Bill Gates, the very macro-founder of Microsoft and godfather to PCs everywhere, has begun channeling some of his massive coffers into green tech ventures. He may not be the first IT mogul to dive into green tech funding, but Gates is certainly diving in headfirst. The question is, is he diving into the shallow end?

So far he’s invested in traveling wave nuclear power and green venture capitalist Vinod Khosla — not exactly way out-there funding. But now, the billionaire philanthropist is plunging deeper than anyone else of his stature and fame, into the outer reaches of climate change technology, blasting into that “galaxy far, far away” where few dare to tread. Bill Gates is funding geoengineering.
At the annual TED conference in February, Gates addressed climate change for the first time, stating that we need “energy miracles” to avoid the worst of what global warming has to offer. Judging by where his most recent investments have landed, he may believe we can manufacture our own miracles.
Gates recently gave $4.5 million to fund research into planet-cooling strategies, reports the Ottawa Citizen. The funding was split between David Keith of the University of Calgary and Ken Caldeira of the Carnegie Institute for Science, who then disseminated the money to a variety of research projects, including one that plans to “seed” artificial clouds into the sky to cool the atmosphere.
$300,000 went to Armand Neukermanns, a researcher involved in the Silver Lining Project in San Francisco.
That program is studying how tiny droplets of water splayed out over the ocean could actually whiten clouds so they’ll reflect more sunlight back to space. They plan to run a test trial soon, using “cloud ships” to blast the tiny drops of seawater about a kilometer into the atmosphere.
Geoengineering is extremely controversial, on par with embryonic stem cells and genetic engineering. Detractors see it as playing with fire, potentially complicating or accelerating our already-hazardous climate situation. The logic goes that if humans are at least in part responsible for global warming, by way of atmospheric tampering via pollution, how can it possibly be a good idea to directly alter the atmosphere?
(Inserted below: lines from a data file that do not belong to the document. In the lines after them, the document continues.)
-- ===== src/TeenyBasic/Folding.antt =====
-- assembly-compiler/src/compile.c: what `compute_folds` keeps of an expression, and what it does not.
use computer_systems.Prelude.{
  ℕ, ◌<◌, ◌^◌, List, [], ◌∷◌, ◌≡◌, refl, ap, ◌∙◌, Bool, true, false, not, ◌&&◌, ◌||◌, Option, none,
  some, arith, Bool-cases, inl, inr, ◌⊎◌,
}
use computer_systems.TeenyBasic.Ast.{Expr, num, binary, var}
use computer_systems.TeenyBasic.Word64.{add64}
use computer_systems.TeenyBasic.Fold.{
  Folded, folded, is_arithmetic, fold_op, write_leftmost, fold_numbers, fold_node, compute_folds,
}
use computer_systems.TeenyBasic.Compile.{slot, compile_expr}
use computer_systems.TeenyBasic.Asm.{Instr, movq_imm}
use computer_systems.TeenyBasic.Statements.{compile_folded}
use computer_systems.TeenyBasic.Expressions.{apply_op, eval, Evaluates}
use computer_systems.TeenyBasic.CompileExpr.{
  eval-binary, eval-num, compile_expr-Evaluates, num-Evaluates,
}

-- An expression of numbers and arithmetic operators alone.
unfoldable pub is_constant : Expr → Bool
is_constant (num v) = true
is_constant (var x) = false
is_constant (binary op l r) = is_arithmetic op && (is_constant l && is_constant r)

abbrev pub is_leaf : Expr → Bool
is_leaf (binary op l r) = false
is_leaf _ = true

-- Every binary subtree that is constant belongs to one that is constant with all that contains it.
unfoldable pub is_settled : Expr → Bool
is_settled (num v) = true
is_settled (var x) = true
is_settled (binary op l r) =
    is_constant (binary op l r)
    || ((is_leaf l || (not (is_constant l) && is_settled l))
        && (is_leaf r || (not (is_constant r) && is_settled r)))

fold_op-apply_op : (op a b : ℕ) → is_arithmetic op ≡ true → fold_op op a b ≡ apply_op op a b
unfolding fold_op apply_op
fold_op-apply_op op a b h = ground arith

abbrev pub folded_to : Option ℕ → Expr → Folded
folded_to v t = record { value = v; tree = t }

fold_node-numbers :
    (op a b v : ℕ) (t u : Expr)
    → is_arithmetic op ≡ true
    → apply_op op a b ≡ some v
    → fold_node op (folded_to (some a) t) (folded_to (some b) u)
      ≡ some (folded_to (some v) (binary op (write_leftmost v t) u))
unfolding fold_node
fold_node-numbers op a b v t u h e = rw (h, fold_op-apply_op op a b h ∙ e, fold_numbers)

-- Where not both sides are numbers, or the operator is not arithmetic, the node stays.
pub fold_node-kept :
    (op : ℕ) (l r : Folded)
    → (l.value ≡ none) ⊎ ((r.value ≡ none) ⊎ (is_arithmetic op ≡ false))
    → fold_node op l r ≡ some (folded_to none (binary op l.tree r.tree))
unfolding fold_node
fold_node-kept op l r h = ground arith

-- Of two sides that are each no number or constant, under a node that is not constant, one is no
-- number, or the operator is not arithmetic.
side_kept :
    {A B : Type 0} (p q a : Bool)
    → A ⊎ (p ≡ true)
    → B ⊎ (q ≡ true)
    → not (a && (p && q)) ≡ true
    → A ⊎ (B ⊎ (a ≡ false))
side_kept p q a (inl x) y h = inl x
side_kept p q a (inr x) (inl y) h = inr (inl y)
side_kept p q true (inr x) (inr y) h = absurd (ground arith)
side_kept p q false (inr x) (inr y) h = inr (inr refl)

folded-none : (f : Folded) (e : Expr) → f.tree ≡ e → f.value ≡ none → folded f ≡ e
folded-none f e t n = rw n t

pub compute_folds-sides :
    (op : ℕ) (l r : Expr) (fl fr : Folded)
    → compute_folds l ≡ some fl
    → compute_folds r ≡ some fr
    → compute_folds (binary op l r) ≡ fold_node op fl fr
unfolding compute_folds
compute_folds-sides op l r fl fr e e' = rw (e, e', compute_folds)

module _ (env : ℕ → ℕ) where
  -- The fold of a constant is its value.
  compute_folds-constant :
      (e : Expr) (v : ℕ)
      → is_constant e ≡ true
      → eval e env ≡ some v
      → (t : Expr) × (compute_folds e ≡ some (folded_to (some v) t))
  unfolding is_constant compute_folds
  compute_folds-constant (num w) v c h =
      (num w, ap (λ n. some (folded_to (some n) (num w))) (eval-num w v env h))
  compute_folds-constant (var x) v c h = absurd (cc c)
  compute_folds-constant (binary op l r) v c h =
      let (a, b, ha, hb, hv) = eval-binary op l r env h in
      let (t, et) = compute_folds-constant l a (ground arith) ha in
      let (u, eu) = compute_folds-constant r b (ground arith) hb in
      (
        binary op (write_leftmost v t) u,
        compute_folds-sides op l r _ _ et eu ∙ fold_node-numbers op a b v t u (ground arith) hv,
      )

  -- A side that is a leaf, or is settled and not constant, stays as it is.
  abbrev pub Kept : Expr → Folded → Type 0
  Kept e f = (compute_folds e ≡ some f) × (f.tree ≡ e) × ((f.value ≡ none) ⊎ (is_constant e ≡ true))

  pub Kept-binary :
      (op : ℕ) (l r : Expr) (fl fr : Folded)
      → Kept l fl
      → Kept r fr
      → not (is_constant (binary op l r)) ≡ true
      → Kept (binary op l r) (folded_to none (binary op l r))
  unfolding is_constant
  Kept-binary op l r fl fr (el, tl, cl) (er, tr, cr) d =
      let c = side_kept (is_constant l) (is_constant r) (is_arithmetic op) cl cr d in
      (
        compute_folds-sides op l r fl fr el er ∙ fold_node-kept op fl fr c ∙ rw (tl, tr) refl,
        refl,
        inl refl,
      )

  pub compute_folds-Kept :
      (e : Expr) (v : ℕ)
      → (is_leaf e || (not (is_constant e) && is_settled e)) ≡ true
      → eval e env ≡ some v
      → (f : Folded) × Kept e f
  unfolding compute_folds is_constant is_settled
  compute_folds-Kept (num w) v s h = (folded_to (some w) (num w), (refl, refl, inr refl))
  compute_folds-Kept (var x) v s h = (folded_to none (var x), (refl, refl, inl refl))
  compute_folds-Kept (binary op l r) v s h =
      let (a, b, ha, hb, hv) = eval-binary op l r env h in
      let (fl, kl) = compute_folds-Kept l a (ground arith) ha in
      let (fr, kr) = compute_folds-Kept r b (ground arith) hb in
      (folded_to none (binary op l r), Kept-binary op l r fl fr kl kr (ground arith))

-- What `compute_folds` leaves of a settled expression: its value alone, or the expression.
compute_folds-settled :
    (e : Expr) (v : ℕ) (env : ℕ → ℕ)
    → is_settled e ≡ true
    → eval e env ≡ some v
    → (f : Folded) × (compute_folds e ≡ some f) × ((folded f ≡ num v) ⊎ (folded f ≡ e))
unfolding compute_folds is_settled
compute_folds-settled (num w) v env s h = (folded_to (some w) (num w), refl, inr refl)
compute_folds-settled (var x) v env s h = (folded_to none (var x), refl, inr refl)
compute_folds-settled (binary op l r) v env s h = elim (Bool-cases (is_constant (binary op l r))) [
  | inl c ↦
      let (t, e) = compute_folds-constant env (binary op l r) v c h in
      (folded_to (some v) t, e, inl refl)
  | inr d ↦
      let (f, k) = compute_folds-Kept env (binary op l r) v (ground arith) h in
      let (e, t, c) = k in
      elim c [
        | inl n ↦ (f, e, inr (folded-none f (binary op l r) t n))
        | inr c ↦ absurd (cc (c, d))
      ]
]

-- A sum of two numbers under an operator over a variable: the left number becomes the sum, and the
-- right number stays.
compute_folds-sum :
    (op a b x : ℕ)
    → compute_folds (binary op (binary b'+' (num a) (num b)) (var x))
      ≡ some (folded_to none (binary op (binary b'+' (num (add64 a b)) (num b)) (var x)))
unfolding compute_folds fold_node fold_op write_leftmost
compute_folds-sum op a b x = refl

module _ (log2 : ℕ → ℕ) (log2-pow : (k : ℕ) → 2 ^ k < 2 ^ 63 → log2 (2 ^ k) ≡ k) where
  -- The compiler folds a settled expression that has a value without a trap, and from any state of
  -- the machine the code of what is left computes the value of the expression as it was written.
  -- `log2` is exact on powers of two.
  pub compile_folded-Evaluates :
      (e : Expr) (f : ℕ → ℕ) (v : ℕ)
      → is_settled e ≡ true
      → eval e (λ x. f (slot x)) ≡ some v
      → (code : List Instr) × (compile_folded log2 e ≡ some code) × Evaluates code f v
  unfolding compile_folded compile_expr
  compile_folded-Evaluates e f v s h =
      let (g, q, leaf) = compute_folds-settled e v (λ x. f (slot x)) s h in
      elim leaf [
        | inl n ↦ (movq_imm v ∷ [], rw (q, n) refl, num-Evaluates f v)
        | inr same ↦
            (compile_expr log2 e, rw (q, same) refl, compile_expr-Evaluates log2 log2-pow e f v h)
      ]

  -- The code of `a + b + x`, with numbers `a` and `b` and a variable `x`, adds `b` twice: folding
  -- writes the sum into the node of `a`, and the sum's own node stays above it. `log2` is exact on
  -- powers of two.
  pub compile_folded-sum :
      (f : ℕ → ℕ) (a b x : ℕ)
      → (code : List Instr) × (compile_folded log2
            (binary b'+' (binary b'+' (num a) (num b)) (var x))
          ≡ some code)
        × Evaluates code f (add64 (add64 (add64 a b) b) (f (slot x)))
  unfolding compile_folded eval apply_op
  compile_folded-sum f a b x =
      let left = binary b'+' (binary b'+' (num (add64 a b)) (num b)) (var x) in
      (
        compile_expr log2 left,
        rw (compute_folds-sum b'+' a b x) refl,
        compile_expr-Evaluates log2 log2-pow left f _ refl,
      )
Gates is already receiving criticism for the move, which is risky by any financial standard as well, and will no doubt receive more. To be fair, whether he ever intended money to go to the Silver Lining Project is unclear. But if not, he may want to keep better track of where his funding goes in the future.
Other geoengineering ideas include sucking CO2 out of the atmosphere and planting massive forests of super carbon-sucking, fast-growing, artificial trees that could collect CO2 then be burnt into charcoal and buried forever.